Not long ago I was working on improving the performance of a Spring Boot application. A Spring Boot app that uses Spring Data JPA. Since we had a whole bunch of database writes happening it was necessary that we batch these database writes in order to reduce the communication overhead to the database server and thereby improve performance.
In this post I’m going to describe what I learnt and use an example to show how batching works under the hood when using Spring Data JPA.
Approaches to data access in Spring
There are multiple approaches to implementing a JDBC based persistence layer for a Spring application. JDBC template is the classic Spring JDBC approach and the most popular. This is the most “low level” approach and offers maximum flexibility. Spring Data JPA on the other hand provides an abstraction over the data access layer using JPA(Jakarta Persistence API) and an underlying ORM (e.g. Hibernate). Though not as flexible as the former approach, it does reduce programmer effort and the amount of boilerplate needed to implement a data access layer. These are advantages that help when building a rapid prototype where the data model is likely to change often.
In the rest of this article we will use an example to undertand how batching can be implemented when using Spring Data JPA and also see how it behaves in different scenarios. We’re going to be using Kotlin for this example.
Create entity and repository
Define a simple Employee class for storing Employee objects and annotate it as a JPA entity. We are using our own identifier here as opposed to a generated one. This decision is of some significance for our batching experiment which will be apparent later
Next, create a simple repository for this entity by extending Spring JPA’s CrudRepository.
We can now autowire this repository class in our test to verify that the
save() works as expected. I used the embedded H2 database to be able to test this quickly.
To perform multiple inserts in a single call to the database, the
CrudRepository provides the
saveAll() function. A little digging through the docs will reveal that we also need to set a batch size for this to work.
spring.jpa.properties.hibernate.jdbc.batch_size = 10
To check if batching works, add an additional test case that inserts and updates a list of Employees in the database. When we run this, it seems to work without issues. But we still don’t have any indication of what it really does under the hood.
Add the following properties to your spring application. This will show some verbose information to help us determine if batching is working as expected.
spring.jpa.show-sql = true
spring.jpa.properties.hibernate.generate_statistics = true
We’re also going to use a data-source-proxy to print detailed logs of every query that gets executed.
Behavior of batch insert operations
Two inferences can be made from the detailed logs
- The inserts got batched
- For every INSERT statement, there is also an additional SELECT statement being executed
I found clues to this behavior in Spring’s default entity state detection strategies.
By default, Spring Data JDBC inspects the identifier property of the given entity. If the identifier property is
null, then the entity is assumed to be new.
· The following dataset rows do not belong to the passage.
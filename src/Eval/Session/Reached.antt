-- ===== src/Eval/Session/Reached.antt =====
-- Who has the file when the download is measured by cmd/evaluate/inuctl/main.go ends.
use mathlib.Core.List.{Permᴰ}
use inu.Base.{
  ℕ, ◌≡◌, refl, sym, ap, subst, ◌∙◌, Bool, true, false, List, [], ◌∷◌, All, All-map, All-perm,
  Option, none, some, ok, err, panic, out_of_fuel, arith, Bool-cases, inl, inr, ◌==◌,
}
use inu.Cid.{Bytes, Cid}
use inu.Http.{Text}
use inu.Eval.Addresses.{Result}
use inu.Eval.Load.{DlSpeedCtl}
use inu.Eval.Controller.{new_file}
use inu.Eval.Session.{
  Calls, ack_netem, after, after_cid, after_ack, after_file, connect_all, download_all, upload_file,
  ctl_dl_speed,
}

-- Which daemon has which file: an upload and a download that succeed say so, and nothing is lost.
pub record Tracks {World : Type 0} (calls : Calls World) (Has : World → Text → Cid → Type 0)
    : Type 0 where
  pub uploaded : (w v : World) (ip : Text) (c : Cid) → calls.upload w ip c ≡ (v, true) → Has v ip c
  pub downloaded :
      (w v : World) (ip : Text) (c : Cid) → calls.download w ip c ≡ (v, true) → Has v ip c
  pub download_keeps :
      (w v : World) (ip jp : Text) (c d : Cid)
      → calls.download w ip c ≡ (v, true)
      → Has w jp d
      → Has v jp d

after-ok :
    {World A : Type 0} (r : World × Bool) (f : World → World × Result A) (w' : World) (x : A)
    → after r f ≡ (w', ok x)
    → (v : World) × (r ≡ (v, true)) × (f v ≡ (w', ok x))
after-ok (v, true) f w' x e = (v, refl, e)
after-ok (v, false) f w' x e = cc

after_cid-ok :
    {World A : Type 0} (r : World × Option Cid) (f : World → Cid → World × Result A) (w' : World)
    (x : A)
    → after_cid r f ≡ (w', ok x)
    → (v : World) × (c : Cid) × (r ≡ (v, some c)) × (f v c ≡ (w', ok x))
after_cid-ok (v, some c) f w' x e = (v, c, refl, e)
after_cid-ok (v, none) f w' x e = cc

after_ack-ok :
    {World A : Type 0} (r : World × Option ℕ) (f : World → World × Result A) (w' : World) (x : A)
    → after_ack r f ≡ (w', ok x)
    → (v : World) × (r ≡ (v, some ack_netem)) × (f v ≡ (w', ok x))
after_ack-ok (v, some a) f w' x e = elim (Bool-cases (a == ack_netem)) [
  | inl same ↦
      let is_ack : a ≡ ack_netem = ground (arith, same) in
      (v, ap (λ n. (v, some n)) is_ack, sym (rw (same) refl) ∙ e)
  | inr other ↦ absurd (ground (arith, other, e))
]
after_ack-ok (v, none) f w' x e = cc

after_file-ok :
    {World A : Type 0} (w : World) (r : Result Bytes) (f : Bytes → World × Result A) (w' : World)
    (x : A)
    → after_file w r f ≡ (w', ok x)
    → (d : Bytes) × (r ≡ ok d) × (f d ≡ (w', ok x))
after_file-ok w (ok d) f w' x e = (d, refl, e)
after_file-ok w (err z) f w' x e = cc
after_file-ok w panic f w' x e = cc
after_file-ok w out_of_fuel f w' x e = cc

module _ {World : Type 0} (calls : Calls World) (read : ℕ → Bytes)
    (Has : World → Text → Cid → Type 0) (law : Tracks calls Has) where
  connect_all-ok :
      (ips : List Text) (w w' : World) (f : World → World × Result Cid) (x : Cid)
      → connect_all calls read ips w f ≡ (w', ok x)
      → (v : World) × (f v ≡ (w', ok x))
  unfolding connect_all
  connect_all-ok [] w w' f x e = (w, e)
  connect_all-ok (ip ∷ ips) w w' f x e =
      let (v, _, e') = after-ok (calls.connect w ip) _ w' x e in connect_all-ok ips v w' f x e'

  download_all-ok :
      (c : Cid) (ips : List Text) (w w' : World) (f : World → World × Result Cid) (x : Cid)
      → download_all calls read c ips w f ≡ (w', ok x)
      → (v : World) × (f v ≡ (w', ok x))
        × All (λ ip. Has v ip c) ips
        × ((jp : Text) (d : Cid) → Has w jp d → Has v jp d)
  unfolding download_all
  download_all-ok c [] w w' f x e = (w, e, tt, λ jp d h. h)
  download_all-ok c (ip ∷ ips) w w' f x e =
      let (u, got, e') = after-ok (calls.download w ip c) _ w' x e in
      let (v, e'', all, keeps) = download_all-ok c ips u w' f x e' in
      (
        v,
        e'',
        (keeps ip c (law.downloaded w u ip c got), all),
        λ jp d h. keeps jp d (law.download_keeps w u ip jp c d got h),
      )

  upload_file-ok :
      (ip : Text) (size : ℕ) (w w' : World) (f : World → Cid → World × Result Cid) (x : Cid)
      → upload_file calls read ip size w f ≡ (w', ok x)
      → (v : World) × (c : Cid) × (f v c ≡ (w', ok x)) × Has v ip c
  unfolding upload_file
  upload_file-ok ip size w w' f x e =
      let (d, _, e1) = after_file-ok w (new_file read size) _ w' x e in
      let (u, c, _, e2) = after_cid-ok (calls.add_bytes w ip d) _ w' x e1 in
      let (v, sent, e3) = after-ok (calls.upload u ip c) _ w' x e2 in
      (v, c, e3, law.uploaded u v ip c sent)

  -- The measured download: the request to the network manager that is acknowledged comes right before
  -- it, and at that request the uploader and all the midstream daemons have the file.
  pub record Measured (ctl : DlSpeedCtl) (w' : World) (x : Cid) : Type 0 where
    pub settled : World
    pub changed : World
    pub at_uploader : Has settled ctl.uploader_ip x
    pub at_midstream : All (λ ip. Has settled ip x) ctl.midstream_ips
    pub acked : calls.request_netem settled ≡ (changed, some ack_netem)
    pub measured : calls.download changed ctl.downloader_ip x ≡ (w', true)

  -- A measurement of the speed that ends without a panic: its last call is a download of the file by the
  -- downloader, from a world in which the network manager has acknowledged the request that was sent when
  -- the uploader and every midstream daemon had the file, in whatever order these got it.
  pub ctl_dl_speed-Measured :
      (ctl : DlSpeedCtl) (order : List Text) (perm : Permᴰ order ctl.midstream_ips) (w w' : World)
      (x : Cid)
      → ctl_dl_speed calls read ctl order perm w ≡ (w', ok x)
      → Measured ctl w' x
  unfolding ctl_dl_speed
  ctl_dl_speed-Measured ctl order perm w w' x e =
      let (w1, e1) =
        connect_all-ok (ctl.uploader_ip ∷ ctl.downloader_ip ∷ ctl.midstream_ips) w w' _ x e in
      let (w2, c, e2, has) = upload_file-ok ctl.uploader_ip ctl.filesize w1 w' _ x e1 in
      let (w3, e3, all, keeps) = download_all-ok c order w2 w' _ x e2 in
      let (w4, acked, e4) = after_ack-ok (calls.request_netem w3) _ w' x e3 in
      let (w5, got, done) = after-ok (calls.download w4 ctl.downloader_ip c) _ w' x e4 in
      let name : c ≡ x = ground (arith, done) in
      let world : w5 ≡ w' = ap (λ z. z.0) done in
      record {
        settled = w3;
        changed = w4;
        at_uploader = subst (Has w3 ctl.uploader_ip) name (keeps ctl.uploader_ip c has);
        at_midstream =
            All-perm (λ ip. Has w3 ip x) perm
              (All-map _ _ (λ ip h. subst (Has w3 ip) name h) order all);
        acked = acked;
        measured =
            ap (calls.download w4 ctl.downloader_ip) (sym name) ∙ got ∙ ap (λ v. (v, true)) world;
      }
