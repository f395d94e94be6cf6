-- ===== src/Fs/Paths.antt =====
-- `AddPath` of fs/fs.go: the files of a directory are found again under their names.
use inu.Base.{◌+◌, ◌<◌, ◌≡◌, subst, List, [], ◌∷◌, ◌++◌, length, All, All-append}
use inu.Cid.{Bytes, IsText}
use inu.Store.Laws.{IsValid}
use inu.Store.Guard.{Follows, Follows_of_Outcome, Follows-bind, Follows-map, Follows_same}
use inu.Merkle.{Link, Attributes, Node, IsPlain, empty, add_link}
use inu.Fs.{
  Env, Item, Entries, Record, missing, unreadable, file, folder, no_entries, entry, add_path,
  add_entries,
}
use inu.Fs.Contents.{IsEnv}
use inu.Fs.Nodes.{guarded_env, plain}
use inu.Fs.Added.{Added, add_bytes_lem}
use inu.Fs.Folders.{
  HasNames, AllNamed, AddedPath, IsStored, recorded-Extends, AddedPath-file, AddedEntries,
  AddedEntries-nil, AddedEntries-cons, add_folder_lem, AddedPath-folder,
}

module _ {State : Type 0} (env : Env State) (law : IsEnv env) where
  IsPlain-add_link :
      (name : Bytes) (n : Node) (a : Attributes)
      → All (λ c. c < 128) name
      → IsText n.block.cid
      → IsPlain a
      → IsPlain (add_link name n a)
  IsPlain-add_link name n a h t p =
      All-append (λ (l : Link). All (λ c. c < 128) l.name × All (λ c. c < 128) l.cid) a.links
        (record { name = name; cid = n.block.cid } ∷ []) p ((h, plain env law n.block.cid t), tt)

  mutual
    unfolding add_path HasNames

    add_path_each :
        (s : State) (path : Bytes) (item : Item)
        → IsValid env.hashing env.db s
        → HasNames item
        → Follows
            (add_path (guarded_env env) s path item)
            (add_path env s path item)
            (λ x. AddedPath env law s item x.0 x.1 x.2)
    add_path_each s path missing v h = Follows_same _ _ λ x e. cc
    add_path_each s path unreadable v h = Follows_same _ _ λ x e. cc
    add_path_each s path (file d) v h =
        Follows-bind _ _ (λ x. Added env law s d (length d + 2) x.0 x.1) _ _ _
          (Follows_of_Outcome _ _ _ (add_bytes_lem env law s d v))
          λ (n, s') a. Follows_same _ _ λ x e.
            let rs = record { cid = n.block.cid; path = path } ∷ [] in
            let same : (n, rs, s') ≡ x = cc in
            subst (λ y. AddedPath env law s (file d) y.0 y.1 y.2) same
              (AddedPath-file env law s s' d n path a)
    add_path_each s path (folder es) v h =
        Follows-bind _ _ (λ x. AddedEntries env law s es empty x.0 x.1 x.2) _ _ _
          (add_entries_each s path es empty [] v tt h tt)
          λ (a, rs, s') b.
            let run = add_folder_lem env law s' path a rs b.valid b.plain b.recorded in
            Follows-map _ _ _ _ run (λ x f. AddedPath-folder env law s s' x.2 es a x.0 rs x.1 b f)

    add_entries_each :
        (s : State) (path : Bytes) (es : Entries) (a : Attributes) (rs : List Record)
        → IsValid env.hashing env.db s
        → IsPlain a
        → AllNamed es
        → All (λ (r : Record). IsStored env law s r.cid) rs
        → Follows
            (add_entries (guarded_env env) s path es a rs)
            (add_entries env s path es a rs)
            (λ x. AddedEntries env law s es a x.0 x.1 x.2)
    add_entries_each s path no_entries a rs v p h g = Follows_same _ _ λ x e.
        let same : (a, rs, s) ≡ x = cc in
        subst (λ y. AddedEntries env law s no_entries a y.0 y.1 y.2) same
          (AddedEntries-nil env law s a rs v p g)
    add_entries_each s path (entry name item es) a rs v p h g =
        Follows-bind _ _ (λ x. AddedPath env law s item x.0 x.1 x.2) _ _ _
          (add_path_each s (path ++ (47 ∷ name)) item v h.1)
          λ (n, rs', s') c.
            let all =
              All-append (λ (r : Record). IsStored env law s' r.cid) rs rs'
                (recorded-Extends env law s s' rs c.extends g) c.recorded in
            Follows-map _ _ _ _
              (add_entries_each s' path es (add_link name n a) (rs ++ rs') c.valid
                (IsPlain-add_link name n a h.0 c.text p) h.2 all)
              (λ x b. AddedEntries-cons env law s s' x.2 name item es a x.0 n rs' x.1 c b)

  -- `AddPath`, into a store as for `AddBytes`, of a directory whose names JSON keeps: if it returns, and
  -- no write replaces a block by another content, then for each file below the path, `resolvePath`
  -- from the name of the new node finds a node under the file's names, and `ReadBytes` of that node
  -- returns the bytes of the file. The block of each record is stored, and all blocks stay.
  pub add_path_lem :
      (s : State) (path : Bytes) (item : Item)
      → IsValid env.hashing env.db s
      → HasNames item
      → Follows
          (add_path (guarded_env env) s path item)
          (add_path env s path item)
          (λ x. AddedPath env law s item x.0 x.1 x.2)
  add_path_lem = add_path_each
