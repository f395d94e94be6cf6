-- ===== src/Key/Distance.antt =====
-- `xor` of dht/key.go as the distance between keys.
use Prim.Native.Nat.{bit_xor}
use inu.Base.{
  ℕ, zero, suc, ◌<◌, ◌≡◌, refl, ap, ap₂, sym, ◌∙◌, Bool, true, ◌&&◌, [], ◌∷◌, length, All, ltb,
  ◌==◌, arith,
}
use inu.Key.{Key, IsKey, xor, cmp, set_bytes}
use inu.Key.Number.{Agrees, cmp-set_bytes, set_bytes-injective}

-- A test at each number below a bound, by evaluation.
test_below : (ℕ → Bool) → ℕ → Bool
test_below test zero = true
test_below test (suc bound) = test_below test bound && test bound

test_below_lem :
    (test : ℕ → Bool) (bound x : ℕ) → x < bound → test_below test bound ≡ true → test x ≡ true
unfolding test_below
test_below_lem test zero x below h = absurd (omega arith)
test_below_lem test (suc bound) x below h = ground (arith, test_below_lem test bound x)

-- The facts about two bytes that the keys need, as a test over all pairs of bytes.
abbrev byte_facts : ℕ → ℕ → Bool
byte_facts a b =
    bit_xor a (bit_xor a b) == b && (bit_xor a b == bit_xor b a && ltb (bit_xor a b) 256)

byte_table : test_below (λ a. test_below (byte_facts a) 256) 256 ≡ true
unfolding test_below
byte_table = refl

byte_facts_lem : (a b : ℕ) → a < 256 → b < 256 → byte_facts a b ≡ true
byte_facts_lem a b ha hb =
    test_below_lem (byte_facts a) 256 b hb
      (test_below_lem (λ x. test_below (byte_facts x) 256) 256 a ha byte_table)

bit_xor_lem :
    (a b : ℕ)
    → a < 256
    → b < 256
    → (bit_xor a (bit_xor a b) ≡ b) × (bit_xor a b ≡ bit_xor b a) × (bit_xor a b < 256)
bit_xor_lem a b ha hb = ground (arith, byte_facts_lem a b ha hb)

abbrev Bytes : Key → Type 0
Bytes = All (λ b. b < 256)

xor-xor_lists : (k v : Key) → length k ≡ length v → Bytes k → Bytes v → xor k (xor k v) ≡ v
unfolding xor
xor-xor_lists [] [] e hk hv = refl
xor-xor_lists [] (b ∷ v) e hk hv = absurd (omega arith)
xor-xor_lists (a ∷ k) [] e hk hv = absurd (omega arith)
xor-xor_lists (a ∷ k) (b ∷ v) e hk hv =
    ap₂ ◌∷◌ (bit_xor_lem a b hk.0 hv.0).0 (xor-xor_lists k v (omega arith) hk.1 hv.1)

xor_comm_lists : (k v : Key) → length k ≡ length v → Bytes k → Bytes v → xor k v ≡ xor v k
unfolding xor
xor_comm_lists [] [] e hk hv = refl
xor_comm_lists [] (b ∷ v) e hk hv = absurd (omega arith)
xor_comm_lists (a ∷ k) [] e hk hv = absurd (omega arith)
xor_comm_lists (a ∷ k) (b ∷ v) e hk hv =
    ap₂ ◌∷◌ (bit_xor_lem a b hk.0 hv.0).1 (xor_comm_lists k v (omega arith) hk.1 hv.1)

length-xor : (k v : Key) → length k ≡ length v → length (xor k v) ≡ length k
unfolding xor
length-xor [] v e = refl
length-xor (a ∷ k) [] e = absurd (omega arith)
length-xor (a ∷ k) (b ∷ v) e = omega (arith, length-xor k v (omega arith))

xor-Bytes : (k v : Key) → Bytes k → Bytes v → Bytes (xor k v)
unfolding xor
xor-Bytes [] v hk hv = tt
xor-Bytes (a ∷ k) [] hk hv = tt
xor-Bytes (a ∷ k) (b ∷ v) hk hv = ((bit_xor_lem a b hk.0 hv.0).2, xor-Bytes k v hk.1 hv.1)

-- The distance of two keys is a key.
pub xor-IsKey : (k v : Key) → IsKey k → IsKey v → IsKey (xor k v)
xor-IsKey k v hk hv = record {
  size = length-xor k v (hk.size ∙ sym hv.size) ∙ hk.size;
  bytes = xor-Bytes k v hk.bytes hv.bytes;
}

pub xor_comm : (k v : Key) → IsKey k → IsKey v → xor k v ≡ xor v k
xor_comm k v hk hv = xor_comm_lists k v (hk.size ∙ sym hv.size) hk.bytes hv.bytes

pub xor-xor : (k v : Key) → IsKey k → IsKey v → xor k (xor k v) ≡ v
xor-xor k v hk hv = xor-xor_lists k v (hk.size ∙ sym hv.size) hk.bytes hv.bytes

-- From one target, two keys at the same distance are the same key.
pub xor-injective : (t a b : Key) → IsKey t → IsKey a → IsKey b → xor t a ≡ xor t b → a ≡ b
xor-injective t a b ht ha hb e = sym (xor-xor t a ht ha) ∙ ap (xor t) e ∙ xor-xor t b ht hb

-- The distance as a number. All comparisons of distances in the code are comparisons of these.
unfoldable pub distance : Key → Key → ℕ
distance t k = set_bytes (xor t k)

-- The code's test on two distances is the order of their numbers.
pub cmp-distance :
    (t a b : Key)
    → IsKey t
    → IsKey a
    → IsKey b
    → Agrees (cmp (xor t a) (xor t b)) (distance t a) (distance t b)
unfolding distance
cmp-distance t a b ht ha hb =
    cmp-set_bytes (xor t a) (xor t b) (xor-IsKey t a ht ha) (xor-IsKey t b ht hb)

-- No two keys are equally far from a target, so the closest one is unique.
pub distance-injective :
    (t a b : Key) → IsKey t → IsKey a → IsKey b → distance t a ≡ distance t b → a ≡ b
unfolding distance
distance-injective t a b ht ha hb e =
    xor-injective t a b ht ha hb
      (set_bytes-injective (xor t a) (xor t b) (xor-IsKey t a ht ha) (xor-IsKey t b ht hb) e)
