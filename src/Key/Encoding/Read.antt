-- ===== src/Key/Encoding/Read.antt =====
-- `UnmarshalJSON` and `UnmarshalB32` of dht/key.go: which texts are read over a key, and as what.
use mathlib.Core.List.{append-nil}
use inu.Base.{
  ℕ, zero, suc, ◌≤◌, ◌<◌, ◌≡◌, ◌≢◌, ◌⊎◌, err, refl, ap, sym, ◌∙◌, List, [], ◌∷◌, ◌++◌, some, All,
  length, take, drop, take_of_length-le, length-append, length-take, length-drop, All-append,
  Option-cases, ◌==◌, arith, leb, ok, Bool-cases, inl, inr,
}
use inu.Key.{Key, IsKey, key_len, zero_key, key_eq}
use inu.Key.Number.{key_eq_iff}
use inu.Key.Encoding.{
  Error, invalid_length, bad_base32, bad_json, Base32, Json, null, copy_left, unmarshal_b32,
  unmarshal_json, zero_key-IsKey, drop_all,
}

-- What is decoded are bytes.
pub record DecodesBytes (b : Base32) : Type 0 where
  pub decode-bytes : (s buf : List ℕ) → b.decode s ≡ some buf → All (λ c. c < 256) buf

All-take : (P : ℕ → Type 0) (n : ℕ) (xs : List ℕ) → All P xs → All P (take n xs)
All-take P zero xs h = tt
All-take P (suc n) [] h = tt
All-take P (suc n) (x ∷ xs) h = (h.0, All-take P n xs h.1)

All-drop : (P : ℕ → Type 0) (n : ℕ) (xs : List ℕ) → All P xs → All P (drop n xs)
All-drop P zero xs h = h
All-drop P (suc n) [] h = tt
All-drop P (suc n) (x ∷ xs) h = All-drop P n xs h.1

copy_left-IsKey :
    (old : Key) (buf : List ℕ) → IsKey old → All (λ c. c < 256) buf → IsKey (copy_left old buf)
unfolding copy_left
copy_left-IsKey old buf ho hb = record {
  size = omega (
    arith,
    length-append (take key_len buf) (drop (length buf) old),
    length-take key_len buf,
    length-drop (length buf) old,
    ho.size,
  );
  bytes =
      All-append (λ c. c < 256) (take key_len buf) (drop (length buf) old)
        (All-take (λ c. c < 256) key_len buf hb)
        (All-drop (λ c. c < 256) (length buf) old ho.bytes);
}

take-length : (xs ys : List ℕ) → take (length xs) (xs ++ ys) ≡ xs
take-length [] ys = refl
take-length (x ∷ xs) ys = ap (◌∷◌ x) (take-length xs ys)

drop-length : (xs ys : List ℕ) → drop (length xs) (xs ++ ys) ≡ ys
drop-length [] ys = refl
drop-length (x ∷ xs) ys = drop-length xs ys

-- The key begins with the bytes, of which at most 32 are read, and goes on with the old key.
pub record Overlay (old k : Key) (buf : List ℕ) : Type 0 where
  pub front : take (length buf) k ≡ take key_len buf
  pub back : drop (length buf) k ≡ drop (length buf) old

copy_left-Overlay :
    (old : Key) (buf : List ℕ) → length old ≡ key_len → Overlay old (copy_left old buf) buf
unfolding copy_left
copy_left-Overlay old buf h = elim (Bool-cases (leb (length buf) key_len)) [
  | inl few ↦
      let whole : take key_len buf ≡ buf = take_of_length-le key_len buf (ground (arith, few)) in
      rw (whole) (record {
        front = take-length buf (drop (length buf) old) ∙ sym whole;
        back = drop-length buf (drop (length buf) old);
      })
  | inr many ↦
      let long : key_len < length buf = ground (arith, many) in
      let gone : drop (length buf) old ≡ [] = drop_all (length buf) old (omega (arith, h, long)) in
      let size : length (take key_len buf) ≤ length buf =
        omega (arith, length-take key_len buf, long) in
      rw (gone, append-nil (take key_len buf))
        (record {
          front = take_of_length-le (length buf) (take key_len buf) size;
          back = drop_all (length buf) (take key_len buf) size ∙ sym gone;
        })
]

-- What makes a text the text of a key, over an old one.
pub data IsText (b : Base32) (j : Json) (old k : Key) (text : List ℕ) : Type 0 where
  empty : text ≡ null → k ≡ zero_key → IsText b j old k text
  encoded :
      (s buf : List ℕ)
      → text ≢ null
      → j.parse text ≡ some s
      → length s ≡ 52
      → b.decode s ≡ some buf
      → Overlay old k buf
      → IsText b j old k text

refuted :
    {b : Base32} {j : Json} {old : Key} {text : List ℕ}
    → text ≢ null
    → ((s buf : List ℕ) → j.parse text ≡ some s → length s ≡ 52 → b.decode s ≡ some buf → ⊥)
    → (k : Key) → ¬ IsText b j old k text
refuted other none_such k (empty p q) = other p
refuted other none_such k (encoded s buf o p l d v) = none_such s buf p l d

-- `UnmarshalJSON` over a key, whatever the text, with a base32 that decodes to bytes. It reads `null` as
-- the zero key, and the JSON of a base32 text of 52 characters as the bytes that it stands for, in front
-- of what they leave of the old key, also where these are fewer or more than 32; what it reads is a key: 32
-- bytes, each below 256. Every other text is an error.
pub unmarshal_json-IsText :
    (b : Base32) (j : Json) (old : Key) (text : List ℕ)
    → DecodesBytes b
    → IsKey old
    → ((k : Key) × (unmarshal_json b j old text ≡ ok k) × IsText b j old k text × IsKey k)
      ⊎ ((e : Error) × (unmarshal_json b j old text ≡ err e)
          × ((k : Key) → ¬ IsText b j old k text))
unfolding unmarshal_json unmarshal_b32
unmarshal_json-IsText b j old text law ho = elim (Bool-cases (key_eq text null)) [
  | inl nothing ↦
      inl
        (zero_key, rw (nothing) refl, empty ((key_eq_iff text null).0 nothing) refl, zero_key-IsKey)
  | inr some_text ↦
      let other : text ≢ null = ground (arith, some_text, key_eq_iff text null) in
      elim (Option-cases (j.parse text)) [
        | inl bad ↦ inr (
          bad_json,
          rw (some_text, bad) refl,
          refuted other λ s buf p l d. ground (arith, bad, p),
        )
        | inr (s, read) ↦ elim (Bool-cases (length s == 52)) [
          | inr short ↦ inr (
            invalid_length,
            rw (some_text, read, short) refl,
            refuted other
                λ t buf p l d. ground (arith, read, p, short, ap length (same s t read p), l),
          )
          | inl long ↦ elim (Option-cases (b.decode s)) [
            | inl bad ↦ inr (
              bad_base32,
              rw (some_text, read, long, bad) refl,
              refuted other λ t buf p l d. ground (arith, bad, d, ap b.decode (same s t read p)),
            )
            | inr (buf, decoded) ↦ inl (
              copy_left old buf,
              rw (some_text, read, long, decoded) refl,
              encoded s buf other read (ground (arith, long)) decoded
                  (copy_left-Overlay old buf ho.size),
              copy_left-IsKey old buf ho (law.decode-bytes s buf decoded),
            )
          ]
        ]
      ]
]
  where
    same : (s t : List ℕ) → j.parse text ≡ some s → j.parse text ≡ some t → s ≡ t
    same s t p q = ground (arith, p, q)
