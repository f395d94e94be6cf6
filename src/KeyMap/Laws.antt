-- ===== src/KeyMap/Laws.antt =====
-- What a map returns after a write or a deletion.
use inu.Base.{◌≡◌, refl, [], ◌∷◌, none, some, arith, if◌then◌else◌}
use inu.Key.{Key, key_eq}
use inu.Key.Number.{key_eq_iff}
use inu.KeyMap.{KeyMap, lookup, insert, delete, Distinct}

module _ {ℓ} {V : Type ℓ} where
  pub lookup-insert :
      (k j : Key) (v : V) (m : KeyMap V)
      → lookup j (insert k v m) ≡ (if key_eq k j then some v else lookup j m)
  unfolding lookup insert
  lookup-insert k j v [] = ground arith
  lookup-insert k j v ((i, w) ∷ m) =
      ground (arith, key_eq_iff k j, key_eq_iff i k, key_eq_iff i j, lookup-insert k j v m)

  pub lookup-delete :
      (k j : Key) (m : KeyMap V)
      → Distinct m
      → lookup j (delete k m) ≡ (if key_eq k j then none else lookup j m)
  unfolding lookup delete
  lookup-delete k j [] d = ground arith
  lookup-delete k j ((i, w) ∷ m) d =
      ground (arith, key_eq_iff k j, key_eq_iff i k, key_eq_iff i j, lookup-delete k j m d.1)

  pub insert-Distinct : (k : Key) (v : V) (m : KeyMap V) → Distinct m → Distinct (insert k v m)
  unfolding insert lookup
  insert-Distinct k v [] d = (refl, tt)
  insert-Distinct k v ((i, w) ∷ m) d =
      ground
        (arith, key_eq_iff i k, key_eq_iff k i, lookup-insert k i v m, insert-Distinct k v m d.1)

  pub delete-Distinct : (k : Key) (m : KeyMap V) → Distinct m → Distinct (delete k m)
  unfolding delete lookup
  delete-Distinct k [] d = tt
  delete-Distinct k ((i, w) ∷ m) d =
      ground
        (arith, key_eq_iff i k, key_eq_iff k i, lookup-delete k i m d.1, delete-Distinct k m d.1)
Otherwise, it is assumed to not be new.
In our code since our id field is set to non-null value before persistence, Spring concludes that we are trying to persist an existing object! And hence tries to read the existing value using a SELECT. To work with our manually assigned identifier we will have to go with the second listed approach. i.e. Using
A common pattern for working with manually assigned identifiers is to
- Use a common base class which has a transient flag defaulting to indicate a new instance.
- Use JPA lifecycle callbacks “@PrePersist”and “@PostLoad” to flip that flag on persistence operations. The flag must get flipped to indicate an existing entity after a repository call to
With the updated entity class we no longer see the unnecessary SELECT queries.
Batching UPDATE queries
Update queries do get batched, but like before we can see an addtional SELECT executed for each update query.
Behaviour of Spring Data JPA batching when using custom HQL queries
Add a custom query that will let us update the Employee entity WITHOUT the select that gets included when we use
saveAll(). However this executes as individual statements and not as a batch.
Spring Data JPA makes it simple to add JDBC to a Spring application and reduces boiler plate for implementing commonly used JDBC features. But the higher level of abstraction can make it less flexible compared to JDBC Template when impementing un-common scenarios. For use cases where performance is an important requirement, its necessary to understand how it works under the hood.